Working data Block Start
-- ===== src/Message/Decode/Trip/Nested.antt =====
-- `pb_dec_submessage` on what `pb_enc_submessage` writes.
use ios_college_work.Common.{
  ℕ, ◌+◌, ◌^◌, ◌<◌, ◌≡◌, ◌≢◌, refl, ap, ◌∙◌, Option, List, ◌++◌, [], length, arith, ok, ne→==,
}
use mathlib.Core.Path.{subst}
use ios_college_work.Stream.Input.{IStream}
use ios_college_work.Stream.Errors.{Error}
use ios_college_work.Stream.Buffers.{input}
use ios_college_work.Wire.Varint.{varint}
use ios_college_work.Wire.Fields.Substream.{
  pb_make_string_substream-ok, pb_close_string_substream-ok,
}
use ios_college_work.Stream.Writes.{Writes, Writes-eq}
use ios_college_work.Message.Memory.{Mem}
use ios_college_work.Message.Field.{Field, pb_ltype, pb_htype, ltype_submessage, htype_repeated}
use ios_college_work.Message.Encode.Env.{Env, Submessage}
use ios_college_work.Message.Encode.Items.{pb_encode_submessage, pb_enc_submessage, pb_encoder}
use ios_college_work.Message.Encode.Contract.Submessage.{submessage-Writes}
use ios_college_work.Message.Decode.Machine.{machine, on_memory, on_stream}
use ios_college_work.Message.Decode.Env.{DecodeEnv, Nested}
use ios_college_work.Message.Decode.Nest.{
  outcome, returned, close, decode_nested, submessage_body, pb_dec_submessage, pb_decoder,
}
use ios_college_work.Message.Decode.Trip.Takes.{Took, Takes, Takes-eq}
use ios_college_work.Message.Decode.Trip.Arrays.{counted-input}

module _ (depth : ℕ) (env : DecodeEnv) (noinit : Nested) (field : Field) (dest : ℕ)
    (bs : List ℕ) where
  run :
      (m after : Mem) (rest : List ℕ) (n : ℕ) (e : Option Error)
      → field.ptr ≢ 0
      → pb_htype field.type ≢ htype_repeated
      → length bs < 2 ^ 32
      → noinit (env.table field.ptr) dest (machine (input (bs ++ rest) (length bs) e) m)
        ≡ ok tt (machine (input rest 0 e) after)
      → pb_dec_submessage depth env noinit field dest (
          machine
            (input ((varint (length bs) ++ bs) ++ rest) (length (varint (length bs) ++ bs) + n) e)
            m)
        ≡ ok tt (machine (input rest n e) after)
  unfolding pb_dec_submessage submessage_body decode_nested outcome close returned on_stream
      on_memory
  run m after rest n e there once small nested =
      ap (λ (s : IStream). pb_dec_submessage depth env noinit field dest (machine s m))
        (counted-input (length bs) n bs rest e refl)
      ∙ rw
          (
            pb_make_string_substream-ok (length bs) n (bs ++ rest) e small,
            ne→== field.ptr 0 there,
            ne→== (pb_htype field.type) htype_repeated once,
            nested,
            pb_close_string_substream-ok [] (bs ++ rest) rest n e e,
          )
          refl

  pub submessage-Takes :
      {Ready Same : Mem → Type 0}
      → pb_ltype field.type ≡ ltype_submessage
      → field.ptr ≢ 0
      → pb_htype field.type ≢ htype_repeated
      → length bs < 2 ^ 32
      → ((m : Mem)
          → Ready m
          → (rest : List ℕ) (e : Option Error)
          → Took
              (noinit (env.table field.ptr) dest)
              bs
              dest
              (dest + field.data_size)
              Same
              m
              rest
              0
              e)
      → Takes
          (pb_decoder depth env noinit field dest)
          (varint (length bs) ++ bs)
          dest
          (dest + field.data_size)
          Ready
          Same
  submessage-Takes kind there once small nested =
      Takes-eq {c = pb_dec_submessage depth env noinit field dest}
        (λ s. unfold pb_decoder in rw kind refl)
        λ m ready rest n e.
          let t = nested m ready rest e in
          record {
            after = t.after;
            runs = run m t.after rest n e there once small (
                subst
                  (λ (k : ℕ).
                    noinit (env.table field.ptr) dest (machine (input (bs ++ rest) k e) m)
                    ≡ ok tt (machine (input rest 0 e) t.after))
                  no_more t.runs);
            kept = t.kept;
            same = t.same;
          }
    where
      no_more : length bs + 0 ≡ length bs
      no_more = omega arith

module _ (m : Mem) (field : Field) (src : ℕ) where
  pub submessage_field-Writes :
      (env : Env) (sub : Submessage) (bs : List ℕ)
      → pb_ltype field.type ≡ ltype_submessage
      → field.ptr ≢ 0
      → Writes (sub (env.table field.ptr) src) bs
      → Writes (pb_encoder env sub m field src) (varint (length bs) ++ bs)
  submessage_field-Writes env sub bs kind there w =
      Writes-eq {c = pb_encode_submessage (sub (env.table field.ptr) src)}
        (λ s. unfold pb_encoder pb_enc_submessage in rw (kind, ne→== field.ptr 0 there) refl)
        (submessage-Writes w)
Working data Block End
Problem to solve: Set down the whole of the material again, exactly.

Task result:
-- ===== src/Message/Decode/Trip/Nested.antt =====
-- `pb_dec_submessage` on what `pb_enc_submessage` writes.
use ios_college_work.Common.{
  ℕ, ◌+◌, ◌^◌, ◌<◌, ◌≡◌, ◌≢◌, refl, ap, ◌∙◌, Option, List, ◌++◌, [], length, arith, ok, ne→==,
}
use mathlib.Core.Path.{subst}
use ios_college_work.Stream.Input.{IStream}
use ios_college_work.Stream.Errors.{Error}
use ios_college_work.Stream.Buffers.{input}
use ios_college_work.Wire.Varint.{varint}
use ios_college_work.Wire.Fields.Substream.{
  pb_make_string_substream-ok, pb_close_string_substream-ok,
}
use ios_college_work.Stream.Writes.{Writes, Writes-eq}
use ios_college_work.Message.Memory.{Mem}
use ios_college_work.Message.Field.{Field, pb_ltype, pb_htype, ltype_submessage, htype_repeated}
use ios_college_work.Message.Encode.Env.{Env, Submessage}
use ios_college_work.Message.Encode.Items.{pb_encode_submessage, pb_enc_submessage, pb_encoder}
use ios_college_work.Message.Encode.Contract.Submessage.{submessage-Writes}
use ios_college_work.Message.Decode.Machine.{machine, on_memory, on_stream}
use ios_college_work.Message.Decode.Env.{DecodeEnv, Nested}
use ios_college_work.Message.Decode.Nest.{
  outcome, returned, close, decode_nested, submessage_body, pb_dec_submessage, pb_decoder,
}
use ios_college_work.Message.Decode.Trip.Takes.{Took, Takes, Takes-eq}
use ios_college_work.Message.Decode.Trip.Arrays.{counted-input}

module _ (depth : ℕ) (env : DecodeEnv) (noinit : Nested) (field : Field) (dest : ℕ)
    (bs : List ℕ) where
  run :
      (m after : Mem) (rest : List ℕ) (n : ℕ) (e : Option Error)
      → field.ptr ≢ 0
      → pb_htype field.type ≢ htype_repeated
      → length bs < 2 ^ 32
      → noinit (env.table field.ptr) dest (machine (input (bs ++ rest) (length bs) e) m)
        ≡ ok tt (machine (input rest 0 e) after)
      → pb_dec_submessage depth env noinit field dest (
          machine
            (input ((varint (length bs) ++ bs) ++ rest) (length (varint (length bs) ++ bs) + n) e)
            m)
        ≡ ok tt (machine (input rest n e) after)
  unfolding pb_dec_submessage submessage_body decode_nested outcome close returned on_stream
      on_memory
  run m after rest n e there once small nested =
      ap (λ (s : IStream). pb_dec_submessage depth env noinit field dest (machine s m))
        (counted-input (length bs) n bs rest e refl)
      ∙ rw
          (
            pb_make_string_substream-ok (length bs) n (bs ++ rest) e small,
            ne→== field.ptr 0 there,
            ne→== (pb_htype field.type) htype_repeated once,
            nested,
            pb_close_string_substream-ok [] (bs ++ rest) rest n e e,
          )
          refl

  pub submessage-Takes :
      {Ready Same : Mem → Type 0}
      → pb_ltype field.type ≡ ltype_submessage
      → field.ptr ≢ 0
      → pb_htype field.type ≢ htype_repeated
      → length bs < 2 ^ 32
      → ((m : Mem)
          → Ready m
          → (rest : List ℕ) (e : Option Error)
          → Took
              (noinit (env.table field.ptr) dest)
              bs
              dest
              (dest + field.data_size)
              Same
              m
              rest
              0
              e)
      → Takes
          (pb_decoder depth env noinit field dest)
          (varint (length bs) ++ bs)
          dest
          (dest + field.data_size)
          Ready
          Same
  submessage-Takes kind there once small nested =
      Takes-eq {c = pb_dec_submessage depth env noinit field dest}
        (λ s. unfold pb_decoder in rw kind refl)
        λ m ready rest n e.
          let t = nested m ready rest e in
          record {
            after = t.after;
            runs = run m t.after rest n e there once small (
                subst
                  (λ (k : ℕ).
                    noinit (env.table field.ptr) dest (machine (input (bs ++ rest) k e) m)
                    ≡ ok tt (machine (input rest 0 e) t.after))
                  no_more t.runs);
            kept = t.kept;
            same = t.same;
          }
    where
      no_more : length bs + 0 ≡ length bs
      no_more = omega arith

module _ (m : Mem) (field : Field) (src : ℕ) where
  pub submessage_field-Writes :
      (env : Env) (sub : Submessage) (bs : List ℕ)
      → pb_ltype field.type ≡ ltype_submessage
      → field.ptr ≢ 0
      → Writes (sub (env.table field.ptr) src) bs
      → Writes (pb_encoder env sub m field src) (varint (length bs) ++ bs)
  submessage_field-Writes env sub bs kind there w =
      Writes-eq {c = pb_encode_submessage (sub (env.table field.ptr) src)}
        (λ s. unfold pb_encoder pb_enc_submessage in rw (kind, ne→== field.ptr 0 there) refl)
        (submessage-Writes w)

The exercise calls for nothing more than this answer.